_Instructions for the task_: Scan the entries and copy each line where the word "copyout" is present.

_Source information_:
-- ===== src/Pipe/Segments.antt =====
-- What a segment of `pipewrite` and of `piperead` in kernel/core/pipe.c does, on every branch.
use ustc_26spring.Common.{
  ℕ, zero, suc, ◌+◌, ◌≤◌, ◌<◌, ◌≡◌, ◌==◌, refl, sym, ap, ◌∙◌, ◌⊎◌, inl, inr, true, false, ◌||◌,
  ◌&&◌, not, none, some, List, [], ◌∷◌, ◌++◌, append_assoc, append-nil, arith, length, Bool-cases,
  Option-cases,
}
use mathlib.Core.Path.{subst}
use ustc_26spring.Common.Word.{add64}
use ustc_26spring.Pipe.{
  Pipe, Chan, nread_chan, nwrite_chan, Outcome, returned, asleep, Caller, Written, Taken, Read,
  push, front, advance, is_empty, is_full, write_segment, read_loop, read_segment, nothing,
}
use ustc_26spring.Pipe.Fifo.{
  IsValid, contents, push-IsValid, contents-push, advance-IsValid, contents-advance,
}

module _ (c : Caller) (addr : ℕ) where
  -- The bytes xs stand in the caller's memory from addr + i on.
  abbrev pub Copied : ℕ → List ℕ → Type 0
  Copied i [] = Unit
  Copied i (x ∷ xs) = (c.copyin (add64 addr i) ≡ some x) × Copied (i + 1) xs

  -- At byte j there is a reader, and the caller is not killed.
  abbrev pub GoesOn : ℕ → Pipe → Type 0
  GoesOn j q = (q.readopen ≡ true) × (c.killed j ≡ false)

  -- So it was at each of the bytes xs from byte i on, in the pipe q that is left.
  abbrev pub Allowed : ℕ → List ℕ → Pipe → Type 0
  Allowed i [] q = Unit
  Allowed i (x ∷ xs) q = GoesOn i q × Allowed (i + 1) xs q

  -- Why a segment of `pipewrite` stopped when the next byte was byte j of the call, in pipe q.
  abbrev pub Stops : ℕ → ℕ → Pipe → Outcome → List Chan → Type 0
  Stops j n q (returned (some m)) woken =
      (m ≡ j)
      × ((j ≡ n) ⊎ (GoesOn j q × (is_full q ≡ false) × (c.copyin (add64 addr j) ≡ none)))
      × (woken ≡ nread_chan ∷ [])
  Stops j n q (returned none) woken =
      (j < n) × ((q.readopen ≡ false) ⊎ (c.killed j ≡ true)) × (woken ≡ [])
  Stops j n q (asleep ch m) woken =
      (j < n)
      × (ch ≡ nwrite_chan)
      × (m ≡ j)
      × GoesOn j q
      × (is_full q ≡ true)
      × (woken ≡ nread_chan ∷ [])

  pub record Writes (k i : ℕ) (p : Pipe) (w : Written) : Type 0 where
    pub valid : IsValid w.pipe
    pub appends : contents w.pipe ≡ contents p ++ w.sent
    pub copied : Copied i w.sent
    pub allowed : Allowed i w.sent w.pipe
    pub same_reader : w.pipe.readopen ≡ p.readopen
    pub stops : Stops (i + length w.sent) (i + k) w.pipe w.outcome w.woken

  pushed : (p : Pipe) (ch : ℕ) → (push p ch).readopen ≡ p.readopen
  unfolding push
  pushed p ch = refl

  stored :
      (k i : ℕ) (p : Pipe) (v : IsValid p) (ch : ℕ)
      → is_full p ≡ false
      → c.copyin (add64 addr i) ≡ some ch
      → GoesOn i p
      → {w : Written} → Writes k (i + 1) (push p ch) w
      → Writes (suc k) i p (record w { sent = ch ∷ w.sent })
  stored k i p v ch room e (reader, alive) {w} ih = record {
    valid = ih.valid;
    appends =
        ih.appends ∙ rw (contents-push p v ch room) (append_assoc (contents p) (ch ∷ []) w.sent);
    copied = (e, ih.copied);
    allowed = ((ih.same_reader ∙ pushed p ch ∙ reader, alive), ih.allowed);
    same_reader = ih.same_reader ∙ pushed p ch;
    stops = (rw (here, total) ih.stops);
  }
    where
      here : i + suc (length w.sent) ≡ i + 1 + length w.sent
      here = omega arith

      total : i + suc k ≡ i + 1 + k
      total = omega arith

  -- From a valid pipe a segment of `pipewrite` keeps the pipe valid and appends the caller's next
  -- bytes in order, each when there is a reader and the caller is not killed. It stops at the first byte
  -- for which one of these holds, in this order: the reader is gone or the caller is killed, then
  -- it returns -1; the ring is full, then it sleeps; `copyin` fails, then it returns the count of bytes so far.
  -- When none is left it returns their count. It wakes the readers unless it returns -1.
  pub write_segment-Writes :
      (k i : ℕ) (p : Pipe) → IsValid p → Writes k i p (write_segment c addr k i p)
  unfolding write_segment
  write_segment-Writes zero i p v = record {
    valid = v;
    appends = sym (append-nil (contents p));
    copied = tt;
    allowed = tt;
    same_reader = refl;
    stops = (omega arith, inl (omega arith), refl);
  }
  write_segment-Writes (suc k) i p v = elim (Bool-cases (not p.readopen || c.killed i)) [
    | inl gone ↦
        rw (gone, write_segment)
          (record {
            valid = v;
            appends = sym (append-nil (contents p));
            copied = tt;
            allowed = tt;
            same_reader = refl;
            stops = (omega arith, ground arith, refl);
          })
    | inr here ↦
        let on : GoesOn i p = (ground arith, ground arith) in
        let at : i + length {A = ℕ} [] ≡ i = omega arith in
        rw (here, write_segment)
          (elim (Bool-cases (is_full p)) [
            | inl full ↦ rw full (record {
              valid = v;
              appends = sym (append-nil (contents p));
              copied = tt;
              allowed = tt;
              same_reader = refl;
              stops = (omega arith, refl, omega arith, rw at on, full, refl);
            })
            | inr room ↦ rw room (elim (Option-cases (c.copyin (add64 addr i))) [
              | inl e ↦ rw e (record {
                valid = v;
                appends = sym (append-nil (contents p));
                copied = tt;
                allowed = tt;
                same_reader = refl;
                stops = (omega arith, inr (rw at (on, room, e)), refl);
              })
              | inr (ch, e) ↦ rw e (
                  stored k i p v ch room e on
                    (write_segment-Writes k (i + 1) (push p ch) (push-IsValid p v ch room)))
            ])
          ])
  ]

  -- The bytes xs reached the caller's memory from addr + i on.
  abbrev pub Placed : ℕ → List ℕ → Type 0
  Placed i [] = Unit
  Placed i (x ∷ xs) = (c.copyout (add64 addr i) x ≡ true) × Placed (i + 1) xs

  -- Why the reading loop stopped.
  abbrev pub Lost : ℕ → ℕ → Taken → Type 0
  Lost j n t =
      ((t.lost ≡ []) × ((j ≡ n) ⊎ (is_empty t.pipe ≡ true)))
      ⊎ ((x : ℕ) × (t.lost ≡ x ∷ []) × (c.copyout (add64 addr j) x ≡ false))

  pub record Takes (k i : ℕ) (p : Pipe) (t : Taken) : Type 0 where
    pub valid : IsValid t.pipe
    pub removes : contents p ≡ t.delivered ++ (t.lost ++ contents t.pipe)
    pub placed : Placed i t.delivered
    pub counted : t.count ≡ i + length t.delivered
    pub rest : Lost (i + length t.delivered) (i + k) t

  placed_one :
      (k i : ℕ) (p : Pipe) (v : IsValid p)
      → is_empty p ≡ false
      → c.copyout (add64 addr i) (front p) ≡ true
      → {t : Taken} → Takes k (i + 1) (advance p) t
      → Takes (suc k) i p (record t { delivered = front p ∷ t.delivered })
  placed_one k i p v more ok {t} ih = record {
    valid = ih.valid;
    removes = contents-advance p v more ∙ ap (λ l. front p ∷ l) ih.removes;
    placed = (ok, ih.placed);
    counted = let c = ih.counted in omega arith;
    rest = (rw (here, total) ih.rest);
  }
    where
      here : i + suc (length t.delivered) ≡ i + 1 + length t.delivered
      here = omega arith

      total : i + suc k ≡ i + 1 + k
      total = omega arith

  read_loop-Takes : (k i : ℕ) (p : Pipe) → IsValid p → Takes k i p (read_loop c addr k i p)
  unfolding read_loop
  read_loop-Takes zero i p v = record {
    valid = v;
    removes = refl;
    placed = tt;
    counted = omega arith;
    rest = inl (refl, inl (omega arith));
  }
  read_loop-Takes (suc k) i p v = elim (Bool-cases (is_empty p)) [
    | inl e ↦
        rw (e, read_loop)
          (record {
            valid = v;
            removes = refl;
            placed = tt;
            counted = omega arith;
            rest = inl (refl, inr e);
          })
    | inr more ↦
        rw (more, read_loop)
          (elim (Bool-cases (c.copyout (add64 addr i) (front p))) [
            | inl ok ↦ rw ok (
                placed_one k i p v more ok
                  (read_loop-Takes k (i + 1) (advance p) (advance-IsValid p v more)))
            | inr bad ↦ rw bad (record {
              valid = advance-IsValid p v more;
              removes = contents-advance p v more;
              placed = tt;
              counted = omega arith;
              rest = inr (
                front p,
                refl,
                subst (λ j. c.copyout (add64 addr j) (front p) ≡ false) (omega arith) bad,
              );
            })
          ])
  ]

  -- The three ways in which a segment of `piperead` of n bytes ends.
  pub data Reads (n : ℕ) (p : Pipe) (r : Read) : Type 0 where
    slept :
        is_empty p ≡ true
        → p.writeopen ≡ true
        → c.killed 0 ≡ false
        → r.taken ≡ nothing p
        → r.outcome ≡ asleep nread_chan 0
        → Reads n p r
    killed :
        is_empty p ≡ true
        → p.writeopen ≡ true
        → c.killed 0 ≡ true
        → r.taken ≡ nothing p
        → r.outcome ≡ returned none
        → Reads n p r
    read :
        (is_empty p ≡ true → p.writeopen ≡ false)
        → Takes n 0 p r.taken
        → r.outcome ≡ returned (some (length r.taken.delivered))
        → r.woken ≡ nwrite_chan ∷ []
        → Reads n p r

  -- A segment of `piperead` on a valid pipe: on an empty ring with a writer left it sleeps on
  -- `nread`, or returns -1 if the caller is killed, with the pipe untouched. Else it removes the
  -- oldest bytes in order, puts them into the caller's memory, returns their count and wakes the
  -- writers; it stops before n bytes only if the ring runs empty or a `copyout` fails, and then
  -- one byte is lost.
  pub read_segment-Reads : (n : ℕ) (p : Pipe) → IsValid p → Reads n p (read_segment c addr n p)
  unfolding read_segment
  read_segment-Reads n p v = elim (Bool-cases (is_empty p && p.writeopen)) [
    | inl wait ↦
        rw (wait, read_segment)
          (elim (Bool-cases (c.killed 0)) [
            | inl k ↦ rw k (killed (ground arith) (ground arith) k refl refl)
            | inr k ↦ rw k (slept (ground arith) (ground arith) k refl refl)
          ])
    | inr go ↦
        rw (go, read_segment)
          (read (λ e. ground arith) (read_loop-Takes n 0 p v)
            (ap (λ m. returned (some m)) ((read_loop-Takes n 0 p v).counted ∙ omega arith)) refl)
  ]

  -- A caller that is killed at byte j is not allowed past it.
  Allowed-killed :
      (i j : ℕ) (xs : List ℕ) (q : Pipe)
      → Allowed i xs q
      → c.killed j ≡ true
      → i ≤ j
      → i + length xs ≤ j
  Allowed-killed i j [] q a dead le = omega arith
  Allowed-killed i j (x ∷ xs) q ((reader, alive), a) dead le = elim (Bool-cases (i == j)) [
    | inl same ↦ let z : i ≡ j = ground arith in cc (rw z at alive, dead)
    | inr other ↦ omega (arith, Allowed-killed (i + 1) j xs q a dead (ground arith))
  ]

  Stops-killed :
      (j n : ℕ) (q : Pipe) (o : Outcome) (woken : List Chan)
      → Stops j n q o woken
      → c.killed j ≡ true
      → j < n
      → (o ≡ returned none) × (woken ≡ [])
  Stops-killed j n q (returned (some m)) woken (e, inl end, w) dead lt = absurd (omega arith)
  Stops-killed j n q (returned (some m)) woken (e, inr ((reader, alive), room, bad), w) dead lt = cc
  Stops-killed j n q (returned none) woken (l, why, w) dead lt = (refl, w)
  Stops-killed j n q (asleep ch m) woken (l, e, f, (reader, alive), full, w) dead lt = cc

  -- When the caller of `pipewrite` is killed at byte j, one of the bytes i to i + k - 1 that a segment on a valid pipe
  -- has left to write, the segment stops before it, or it comes to it: then it has stored the bytes before it
  -- in the ring, and returns -1 without a wakeup for the readers.
  pub killed_writer_is_silent :
      (k i j : ℕ) (p : Pipe)
      → IsValid p
      → c.killed j ≡ true
      → i ≤ j
      → j < i + k
      → let w = write_segment c addr k i p in
        (i + length w.sent < j)
        ⊎ ((i + length w.sent ≡ j)
            × (contents w.pipe ≡ contents p ++ w.sent)
            × (w.outcome ≡ returned none)
            × (w.woken ≡ []))
  killed_writer_is_silent k i j p v dead le lt =
      let w = write_segment c addr k i p in
      let f = write_segment-Writes k i p v in
      let far = Allowed-killed i j w.sent w.pipe f.allowed dead le in
      elim (Bool-cases (i + length w.sent == j)) [
        | inl there ↦
            let z : i + length w.sent ≡ j = ground arith in
            let s = Stops-killed j (i + k) w.pipe w.outcome w.woken (rw z at f.stops) dead lt in
            inr (z, f.appends, s.0, s.1)
        | inr before ↦ inl (ground arith)
      ]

_Response box_:
  Placed i (x ∷ xs) = (c.copyout (add64 addr i) x ≡ true) × Placed (i + 1) xs
      ⊎ ((x : ℕ) × (t.lost ≡ x ∷ []) × (c.copyout (add64 addr j) x ≡ false))
      → c.copyout (add64 addr i) (front p) ≡ true
          (elim (Bool-cases (c.copyout (add64 addr i) (front p))) [
                subst (λ j. c.copyout (add64 addr j) (front p) ≡ false) (omega arith) bad,
  -- writers; it stops before n bytes only if the ring runs empty or a `copyout` fails, and then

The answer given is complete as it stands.